Understanding fractions
🎯 In this topic you will
- Represent proper and improper fractions as division.
- Use proper and improper fractions as operators.
🧠 Key Words
- denominator
- improper fraction
- mixed number
- numerator
- operator
- proper fraction
Show Definitions
- denominator: The bottom number in a fraction that shows how many equal parts the whole is divided into.
- improper fraction: A fraction in which the numerator is greater than or equal to the denominator.
- mixed number: A number made up of a whole number and a proper fraction written together.
- numerator: The top number in a fraction that shows how many parts are being considered.
- operator: A fraction used to act on a quantity, meaning it tells you to multiply the quantity by that fraction.
- proper fraction: A fraction in which the numerator is smaller than the denominator.
Understanding Improper Fractions
An improper fraction represents a number greater than one whole. For example, the fraction $\frac{7}{4}$ shows more than a single whole.
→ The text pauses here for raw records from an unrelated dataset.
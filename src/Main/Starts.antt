-- ===== src/Main/Starts.antt =====
-- src/runloop.c with src/main.c: a pass over the queue that starts the modules of several sections and
-- then delivers the lines of their ports.
use mathlib.Core.List.{append_assoc}
use righack.Base.{
  ℕ, zero, suc, ◌+◌, ◌<◌, ◌≡◌, ◌∙◌, List, [], ◌∷◌, ◌++◌, arith, length, length-append, inl, inr,
  ◌⊎◌, subst, sym, some, Text, bytes,
}
use righack.Configfile.Keys.{HasText, LeavesText, LeavesText-HasKey}
use righack.External.{Uv, Os, Toml, Rig}
use righack.Machine.{World, ok, stop, fatal}
use righack.Machine.Ends.{IsFatal}
use righack.Machine.Extends.{KeepsIf, is_lasting}
use righack.Machine.Objects.{Ptr, DriverInfo, ModuleInfo, Module, struct_text}
use righack.Main.{call_job}
use righack.Main.Deliveries.{deliveries_lem}
use righack.Main.Launched.{IsLaunched, IsSetUp-KeepsIf}
use righack.Main.Ports.{
  IsUp, AreUp, AreUp-KeepsIf, Delivering, AreDelivering, AreDelivering-KeepsIf, IsTop,
  IsTop-KeepsIf,
}
use righack.Main.Ready.{released-KeepsIf}
use righack.Main.Section.{Adds, KeepsOtherTexts, start_module_handler_run-IsLaunched}
use righack.Main.Sections.{Setting, AreStarting, AreStarting-KeepsOtherTexts, Apart, NamesLine}
use righack.Module.{test_module_info}
use righack.Runloop.Later.{run_jobs}
use righack.Runloop.Later.Chain.{Slot, Slots, Waiting, first, Holds}
use righack.Runloop.Later.Drain.{Draining, Draining-Waiting, released}
use righack.Runloop.Later.Stops.{round_runs, round_stops}
use righack.Vserial.{vserial_driver_info}

-- The buffer of the configuration can be used, if starts are left.
abbrev pub HasTextIf : {X : Type 0} → World X → Slots → Type 0
HasTextIf w [] = Unit
HasTextIf w (s ∷ ss) = HasText w

released_text :
    {X : Type 0} (w : World X) (s : Slot) (next q : Ptr) (t : Text)
    → Holds w.cell s next
    → w.cell q ≡ some (struct_text t)
    → (released w s).cell q ≡ some (struct_text t)
released_text w s next q t h held = ground (arith, h, held)

released-HasText :
    {X : Type 0} (w : World X) (s : Slot) (next : Ptr)
    → Holds w.cell s next
    → HasText w
    → HasText (released w s)
released-HasText w s next h (inl unset) = inl unset
released-HasText w s next h (inr (t, held)) = inr (t, released_text w s next w.config_buf t h held)

left_lem :
    {X : Type 0} (toml : Toml X) {root : Ptr} {section : Text} (w : World X) (s : Slot) (next : Ptr)
    (ss : Slots)
    → Holds w.cell s next
    → LeavesText toml root section (bytes "hamlib.serial.port") w
    → NamesLine toml root section ss
    → HasTextIf (released w s) ss
left_lem toml w s next [] h leaves line = tt
left_lem toml w s next (t ∷ ss) h leaves (_, key) =
    released-HasText w s next h (LeavesText-HasKey w leaves key)

module _ {X : Type 0} ⦃uv : Uv X⦄ ⦃os : Os X⦄ ⦃toml : Toml X⦄ ⦃rig : Rig X⦄ where
  abbrev pub IsTopIf : World X → Slots → Type 0
  IsTopIf w [] = IsTop w
  IsTopIf w (s ∷ ss) = Unit

  IsTopIf-IsTop : (w : World X) (ss : Slots) → IsTop w → IsTopIf w ss
  IsTopIf-IsTop w [] t = t
  IsTopIf-IsTop w (s ∷ ss) t = tt

  -- What a start leaves, whose delivery waits behind the starts `ss` and the deliveries `ds`.
  record IsRound (w w' : World X) (ss ds : Slots) (slot : Slot) : Type 0 where
    pub draining : Draining w' (ss ++ (ds ++ slot ∷ []))
    pub starting : AreStarting w' ss
    pub delivering : Delivering w' slot
    pub top : IsTop w'
    pub up : IsUp w' top.handle
    pub has_text : HasTextIf w' ss
    pub kept : KeepsIf is_lasting w.cell w'.cell
    pub same_root : w'.toml_root ≡ w.toml_root
    pub same_drivers : w'.loaded_drivers ≡ w.loaded_drivers
    pub same_modules : w'.loaded_modules ≡ w.loaded_modules
    pub same_loop : w'.thread_loop ≡ w.thread_loop
    pub same_signal : w'.int_signal ≡ w.int_signal

  made-IsRound :
      (w w1 : World X) (p : Ptr) (m : Module) (s : Slot) (c : Setting) (ss ds : Slots)
      → m.info ≡ test_module_info
      → (l : IsLaunched w1 p m (s ∷ (ss ++ ds))) → (adds : Adds w w1 p)
      → KeepsOtherTexts w w1 s.job.context
      → LeavesText toml w.toml_root c.section (bytes "hamlib.serial.port") w1
      → Waiting w1 (s ∷ (ss ++ (ds ++ l.slot ∷ [])))
      → Draining (released w1 s) (ss ++ (ds ++ l.slot ∷ []))
      → Apart s.job.context ss
      → NamesLine toml w.toml_root c.section ss
      → AreStarting w ss
      → IsRound w (released w1 s) ss ds l.slot
  made-IsRound w w1 p m s c ss ds info l adds texts leaves wt1 d apart line rest =
      let next = first (ss ++ (ds ++ l.slot ∷ [])) in
      let kept = released-KeepsIf w1 s next wt1.chain.0 in
      let set_up = IsSetUp-KeepsIf {w' = released w1 s} l.set_up kept in
      record {
        draining = d;
        starting =
            AreStarting-KeepsOtherTexts s.job.context ss rest apart
              (record {
                texts = λ q t other held ne.
                    let (held1, ne1) = texts.texts q t other held ne in
                    (released_text w1 s next q t wt1.chain.0 held1, ne1);
              })
              adds.same_root;
        delivering = record {
          at_module = p;
          module_is = m;
          user = l.user;
          port = l.port;
          context = l.context;
          handle = l.handle;
          set_up = set_up;
          is_delivery = l.is_delivery;
        };
        top = record {
          at_module = p;
          module_is = m;
          user = l.user;
          port = l.port;
          context = l.context;
          handle = l.handle;
          set_up = set_up;
          is_test = info;
          before = l.before;
          calls = l.calls;
          others = adds.others;
          running = adds.running;
        };
        up = record {
          at_module = p;
          module_is = m;
          user = l.user;
          port = l.port;
          context = l.context;
          set_up = set_up;
        };
        has_text = left_lem toml w1 s next ss wt1.chain.0 leaves line;
        kept = λ q o held lasts. kept q o (adds.kept q o held lasts) lasts;
        same_root = adds.same_root;
        same_drivers = adds.same_drivers;
        same_modules = adds.same_modules;
        same_loop = adds.same_loop;
        same_signal = adds.same_signal;
      }

  -- What the whole pass leaves of `w`: `n` handles of polled ports, one of them of the module that
  -- was started last.
  pub record IsPassed (w w' : World X) (n : ℕ) : Type 0 where
    pub top : IsTop w'
    pub handles : List Ptr
    pub are_up : AreUp w' handles
    pub count : length handles ≡ n
    pub kept : KeepsIf is_lasting w.cell w'.cell
    pub same_root : w'.toml_root ≡ w.toml_root
    pub same_drivers : w'.loaded_drivers ≡ w.loaded_drivers
    pub same_modules : w'.loaded_modules ≡ w.loaded_modules
    pub same_loop : w'.thread_loop ≡ w.thread_loop
    pub same_signal : w'.int_signal ≡ w.int_signal

  IsPassed-trans :
      {w w1 w2 : World X} {n k : ℕ} {ss ds : Slots} {slot : Slot}
      → IsRound w w1 ss ds slot
      → IsPassed w1 w2 k
      → k ≡ n
      → IsPassed w w2 n
  IsPassed-trans r p e = record {
    top = p.top;
    handles = p.handles;
    are_up = p.are_up;
    count = p.count ∙ e;
    kept = λ q o held lasts. p.kept q o (r.kept q o held lasts) lasts;
    same_root = p.same_root ∙ r.same_root;
    same_drivers = p.same_drivers ∙ r.same_drivers;
    same_modules = p.same_modules ∙ r.same_modules;
    same_loop = p.same_loop ∙ r.same_loop;
    same_signal = p.same_signal ∙ r.same_signal;
  }

  AreDelivering-append :
      (w : World X) (ds : Slots) (s : Slot)
      → AreDelivering w ds
      → Delivering w s
      → AreDelivering w (ds ++ s ∷ [])
  AreDelivering-append w [] s a d = (d, tt)
  AreDelivering-append w (t ∷ ds) s a d = (a.0, AreDelivering-append w ds s a.1 d)

  module _ (f : ℕ) (drs : List DriverInfo) (ms : List ModuleInfo) where
    -- One start returns, or ends the process.
    start-IsRound :
        (fuel : ℕ) (s : Slot) (ss ds : Slots) (w : World X)
        → Waiting w (s ∷ (ss ++ ds))
        → AreStarting w (s ∷ ss)
        → HasText w
        → w.loaded_drivers ≡ vserial_driver_info ∷ drs
        → w.loaded_modules ≡ test_module_info ∷ ms
        → ((w' : World X) × (slot : Slot) × IsRound w w' ss ds slot
            × (run_jobs (call_job (suc f)) (suc fuel) s.at w
                ≡ run_jobs (call_job (suc f)) fuel (first (ss ++ (ds ++ slot ∷ []))) w'))
          ⊎ IsFatal (run_jobs (call_job (suc f)) (suc fuel) s.at w)
    unfolding call_job
    start-IsRound fuel s ss ds w wt (c, st, apart, line, rest) has drivers modules =
        elim (start_module_handler_run-IsLaunched c.rigid c.section c.name w f s.job.context
          (s ∷ (ss ++ ds)) drs ms wt has drivers modules st.configured st.holds_name st.apart) [
            | inr (m, v, dies, _) ↦ inr (
              m,
              v,
              round_stops (call_job (suc f)) fuel s (ss ++ ds) w v (fatal m) wt (
                  subst (λ j. call_job (suc f) j.cb j.should_run j.context w ≡ stop (fatal m) v)
                    (sym st.is_start) dies),
            )
            | inl (w1, p, m, started, info, l, adds, texts, leaves) ↦
                let wt1 =
                  subst (λ q. Waiting w1 (s ∷ q)) (append_assoc ss ds (l.slot ∷ [])) l.waiting in
                let (ran, d) =
                  round_runs (call_job (suc f)) fuel s (ss ++ ds) (ss ++ (ds ++ l.slot ∷ [])) w w1
                    wt
                    (subst (λ j. call_job (suc f) j.cb j.should_run j.context w ≡ ok tt w1)
                      (sym st.is_start) started)
                    wt1 in
                inl (
                  released w1 s,
                  l.slot,
                  made-IsRound w w1 p m s c ss ds info l adds texts leaves wt1 d apart line rest,
                  ran,
                )
          ]

    -- All starts and then all deliveries return, on enough fuel, or one ends the process.
    pub starts_lem :
        (fuel : ℕ) (ss ds : Slots) (hs : List Ptr) (w : World X)
        → length ss + length ss + length ds < fuel
        → Draining w (ss ++ ds)
        → AreStarting w ss
        → AreDelivering w ds
        → AreUp w hs
        → IsTopIf w ss
        → HasTextIf w ss
        → w.loaded_drivers ≡ vserial_driver_info ∷ drs
        → w.loaded_modules ≡ test_module_info ∷ ms
        → ((w' : World X) × (run_jobs (call_job (suc f)) fuel (first (ss ++ ds)) w ≡ ok tt w')
            × Draining w' []
            × IsPassed w w' (length ss + length hs))
          ⊎ IsFatal (run_jobs (call_job (suc f)) fuel (first (ss ++ ds)) w)
    starts_lem zero ss ds hs w lt d a del up top has drivers modules = absurd (omega (arith, lt))
    starts_lem (suc fuel) [] ds hs w lt d a del up top has drivers modules =
        elim (deliveries_lem (suc f) (suc fuel) ds w (omega (arith, lt)) d del) [
          | inr dies ↦ inr dies
          | inl (w', ran, d', passes) ↦ inl (
            w',
            ran,
            d',
            record {
              top = IsTop-KeepsIf top passes.kept passes.calls passes.same_running;
              handles = hs;
              are_up = AreUp-KeepsIf w w' hs up passes.kept;
              count = omega arith;
              kept = passes.kept;
              same_root = passes.same_root;
              same_drivers = passes.same_drivers;
              same_modules = passes.same_modules;
              same_loop = passes.same_loop;
              same_signal = passes.same_signal;
            },
          )
        ]
    starts_lem (suc fuel) (s ∷ ss) ds hs w lt d a del up top has drivers modules =
        elim (start-IsRound fuel s ss ds w (Draining-Waiting w s (ss ++ ds) d) a has drivers
          modules) [
            | inr dies ↦ inr dies
            | inl (w1, slot, r, ran) ↦
                let more = length-append ds (slot ∷ []) in
                elim (starts_lem fuel ss (ds ++ slot ∷ []) (r.top.handle ∷ hs) w1
                  (omega (arith, lt, more)) r.draining r.starting
                  (AreDelivering-append w1 ds slot (AreDelivering-KeepsIf w w1 ds del r.kept)
                    r.delivering)
                  (r.up, AreUp-KeepsIf w w1 hs up r.kept) (IsTopIf-IsTop w1 ss r.top) r.has_text
                  (r.same_drivers ∙ drivers) (r.same_modules ∙ modules)) [
                    | inr (m, v, dies) ↦ inr (m, v, ran ∙ dies)
                    | inl (w2, looped, d2, passed) ↦
                        inl (w2, ran ∙ looped, d2, IsPassed-trans r passed (omega arith))
                  ]
          ]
Converting to a Mixed Number
For example, the improper fraction $\frac{7}{4}$ is equal to $1\frac{3}{4}$, which is written as a mixed number. In this unit, we will work with proper fractions, improper fractions and mixed numbers.
❓ EXERCISES
1. Represent these divisions as fractions.
a. $5$ divided by $6$
b. $6$ divided by $5$
c. $10$ divided by $4$
d. $4$ divided by $10$
👀 Show answer
a. $\dfrac{5}{6}$
b. $\dfrac{6}{5}$
c. $\dfrac{10}{4}$
d. $\dfrac{4}{10}$
2. Ahmed, Carlos, Ludvik, Oliver and Rajiv share $3$ cakes between them. What fraction of a cake does each person get?
👀 Show answer
There are $5$ people sharing $3$ cakes, so each gets $\dfrac{3}{5}$ of a cake.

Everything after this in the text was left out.